Many people think that they are too busy to take a vacation or that if they leave for even a few days they will return to even more work than when they left. In some cases, Americans are afraid that if they do take a few days off their bosses will recognize that they are dispensable and may re-assign their work and their job to others. Despite whatever real or imaginary fears you might have about taking a break from work, the reality is that everyone needs to rest, relax and step back from the stress of their daily lives so that they have the energy to return to the workplace prepared to work. Physicians are no exception. Physicians deal with extremely stressful situations on a daily basis. Failure to take the appropriate breaks from your practice can lead to weight gain, depression, additional stress and poor decision-making.

As noted in previous posts, stress can lead physicians to make poor decisions related to patient care or can lead to them making poor personal decisions such as drinking and driving, committing a boundary violation with a patient, or seeking unacceptable ways to relieve stress such as sharing personal information with patients or “friending” patients on social media sites.  Ultimately, failure to implement appropriate stress management tools, including taking a vacation, can lead to future professional problems.

Whether you choose to stay home for a “staycation” or take that long-awaited trip, give yourself (and your practice) a break. It will do you a world of good.

As always, if you have any questions about the State Medical Board of Ohio or this post, please feel free to call me at (614) 486-3909 or email me at beth@collislaw.com.  My office will be closed from December 24, 2012 to January 3, 2013 to give everyone at CSC a much needed break.

The Digital Age Brings Down Another Prominent Figure

In the past, I have written about the dangers that participating in social media can present to medical professionals (August 23, 2012 post “Social Media Can be a Dangerous Pastime for Medical Professionals”).  The resignation of General David Petraeus yet again demonstrates that the digital age presents significant perils to those individuals who ignore or attempt to circumvent the appropriate use of such media.

I found it interesting that it has been reported that General Petraeus and Paula Broadwell allegedly wrote emails in “draft”, left the drafts in a draft email folder which they could both access and read, but did not send to each other, thereby attempting to avoid creating a trail of emails.

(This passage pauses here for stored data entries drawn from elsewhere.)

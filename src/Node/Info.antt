-- ===== src/Node/Info.antt =====
-- NodeGetVolumeStats, NodeGetCapabilities, NodeGetInfo and NodeExpandVolume.
pub mod Announced
pub mod Usage
pub mod Growth
use exoscale_csi_driver.Base.{
  ℕ, ◌+◌, ◌-◌, ◌*◌, ◌%◌, ltb, ℤ, pos, negsuc, Bool, true, false, String, str_eq, Option, none, some,
  List, [], ◌∷◌, if◌then◌else◌, invalid_argument, not_found, internal_error, status, no_args,
  text_arg, error_arg, is_not_exist, Error, Result, ok, err, panic, Action, pure, fail, lift,
  or_else, ◌>>=◌, ◌>>◌,
}
use exoscale_csi_driver.Csi.{VolumeCapability, Topology}
use exoscale_csi_driver.Helpers.{
  exoscale_id, get_exoscale_id, new_zone_topology, validate_volume_capability,
}
use exoscale_csi_driver.Os.{Os, Statfs}
use exoscale_csi_driver.Disk.Utils.{
  get_device_path, is_shared_mounted, is_block_device, get_statfs, resize,
}
use exoscale_csi_driver.Node.{NodeService, require_path}
use exoscale_csi_driver.Node.Publishing.{is_block}
use exoscale_csi_driver.Node.Staging.{stat_failed}

-- csi.NodeServiceCapability_RPC_Type
pub data NodeCapability : Type 0 where
  stage_unstage_volume get_volume_stats expand_volume single_node_multi_writer_rpc : NodeCapability

abbrev pub node_capabilities : List NodeCapability
node_capabilities =
    stage_unstage_volume ∷ get_volume_stats ∷ expand_volume ∷ single_node_multi_writer_rpc ∷ []

abbrev pub max_volumes_per_node : ℤ
max_volumes_per_node = pos 5

pub record NodeInfo : Type 0 where
  pub node_id : String
  pub max_volumes_per_node : ℤ
  pub accessible_topology : Option Topology

-- One csi.VolumeUsage, without its unit: bytes come first, inodes second.
pub record VolumeUsage : Type 0 where
  pub total : ℤ
  pub available : ℤ
  pub used : ℤ

-- uint64 arithmetic.
abbrev two64 : ℕ
two64 = 18446744073709551616

unfoldable pub mul_u64 : ℕ → ℕ → ℕ
mul_u64 a b = (a * b) % two64

unfoldable pub sub_u64 : ℕ → ℕ → ℕ
sub_u64 a b = (a + two64 - b) % two64

-- `uint64(n)` of an `int64`, and `int64(n)` of a `uint64`.
unfoldable pub to_u64 : ℤ → ℕ
to_u64 (pos n) = n
to_u64 (negsuc n) = two64 - 1 - n

unfoldable pub to_i64 : ℕ → ℤ
to_i64 n = if ltb n 9223372036854775808 then pos n else negsuc (two64 - 1 - n)

unfoldable pub usage : ℕ → ℕ → VolumeUsage
unfolding sub_u64 to_i64
usage total available = record {
  total = to_i64 total;
  available = to_i64 available;
  used = to_i64 (sub_u64 total available);
}

unfoldable pub disk_usage : Statfs → VolumeUsage
unfolding usage mul_u64 to_u64
disk_usage fs = usage (mul_u64 fs.blocks (to_u64 fs.bsize)) (mul_u64 fs.bfree (to_u64 fs.bsize))

unfoldable pub inodes_usage : Statfs → VolumeUsage
unfolding usage
inodes_usage fs = usage fs.files fs.ffree

first_topology : List Topology → Option Topology
first_topology [] = none
first_topology (t ∷ _) = some t

-- The staging path is preferred.
abbrev stats_path : String → String → String
stats_path volume_path staging_path = if str_eq staging_path "" then volume_path else staging_path

pub record ExpandRequest : Type 0 where
  pub volume_id : String
  pub volume_path : String
  pub volume_capability : Option VolumeCapability

-- A capability that says "block" wins over the test of the path.
unfoldable pub expands_block : Bool → Option VolumeCapability → Result Bool
unfolding validate_volume_capability
expands_block path_is_block none = ok path_is_block
expands_block path_is_block (some c) = elim (validate_volume_capability (some c)) [
  | ok _ ↦ ok (if is_block c.access_type then true else path_is_block)
  | err e ↦ err (status invalid_argument "volumeCapability not supported: %s" (error_arg e no_args))
  | panic p ↦ panic p
]

unfoldable pub node_get_info : NodeService → Result NodeInfo
unfolding exoscale_id new_zone_topology first_topology
node_get_info d = ok (record {
  node_id = exoscale_id d.zone_name d.node_id;
  max_volumes_per_node = max_volumes_per_node;
  accessible_topology = first_topology (new_zone_topology d.zone_name);
})

-- The errors of NodeExpandVolume.
abbrev pub expand_device_failed : String → Error → Error
expand_device_failed volume_id e =
    if is_not_exist e
    then status not_found "volume %s is not mounted on node" (text_arg volume_id no_args)
    else status internal_error "failed to get device path for volume %s: %v"
        (text_arg volume_id (error_arg e no_args))

abbrev pub resize_failed : String → String → Error → Error
resize_failed volume_id volume_path e =
    status internal_error "failed to resize volume %s mounted on %s: %v"
      (text_arg volume_id (text_arg volume_path (error_arg e no_args)))

module _ (O : Os) (parse_uuid : String → Result String) where
  -- The request's `volume_id`, `volume_path` and `staging_target_path`.
  unfoldable pub node_get_volume_stats :
      String → String → String → Action O.State (List VolumeUsage)
  unfolding is_shared_mounted get_device_path get_statfs disk_usage inodes_usage
  node_get_volume_stats exo_id path staging_path = do
    (_, volume_id) ← lift (get_exoscale_id parse_uuid exo_id)
    require_path invalid_argument "volumePath not provided" path
    let volume_path = stats_path path staging_path
    is_mounted ← or_else (is_shared_mounted O volume_path "") λ e.
        status internal_error "error checking mount point of path %s for volume %s: %s"
          (text_arg volume_path (text_arg volume_id (error_arg e no_args)))
    (if is_mounted
        then pure tt
        else fail (status not_found "volume with ID %s not found" (text_arg volume_id no_args)))
    or_else (get_device_path O volume_id) λ e.
        if is_not_exist e
        then status not_found "volume with ID %s not found" (text_arg volume_id no_args)
        else status internal_error "error getting device path for volume with ID %s: %s"
            (text_arg volume_id (error_arg e no_args))
    fs ← or_else (get_statfs O volume_path) λ e.
        status internal_error "error doing stat on %s: %s"
          (text_arg volume_path (error_arg e no_args))
    pure (disk_usage fs ∷ inodes_usage fs ∷ [])

  unfoldable pub node_get_capabilities : Action O.State (List NodeCapability)
  node_get_capabilities = pure node_capabilities

  unfoldable pub expand_file_system : Bool → String → String → String → Action O.State (Unit {0})
  unfolding resize
  expand_file_system true volume_id volume_path device_path = pure tt
  expand_file_system false volume_id volume_path device_path =
      or_else (resize O volume_path device_path) (resize_failed volume_id volume_path)

  unfoldable pub node_expand_volume : ExpandRequest → Action O.State (Unit {0})
  unfolding get_device_path is_block_device expands_block expand_file_system
  node_expand_volume req = do
    (_, volume_id) ← lift (get_exoscale_id parse_uuid req.volume_id)
    require_path invalid_argument "volumePath not provided" req.volume_path
    device_path ← or_else (get_device_path O volume_id) (expand_device_failed volume_id)
    path_is_block ← or_else (is_block_device O req.volume_path) (stat_failed device_path)
    is_block_volume ← lift (expands_block path_is_block req.volume_capability)
    expand_file_system is_block_volume volume_id req.volume_path device_path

Engaging in social media creates a trail that can be used by employers, governmental agencies, criminal investigators, and State licensing boards as evidence of wrongdoing.  When a professional, like a physician, engages in email, texting, Facebook, Twitter, or other forms of social media with patients, they risk being determined to have committed a boundary violation with a patient.  A physician may not engage in a personal, sexual, or financial relationship with a patient.

In the past, these relationships were more difficult for employers or governmental agencies to prove because, in many instances, cases came down to a “he said – she said” situation.  However, in the digital age, impermissible relationships are documented in emails, texts, photos, videos, Facebook posts, and Tweets.

It is a violation of the State Medical Board of Ohio’s laws and rules to engage in a personal, sexual, intimate, or financial relationship with a patient.  Such relationships subject a physician to discipline by the Board.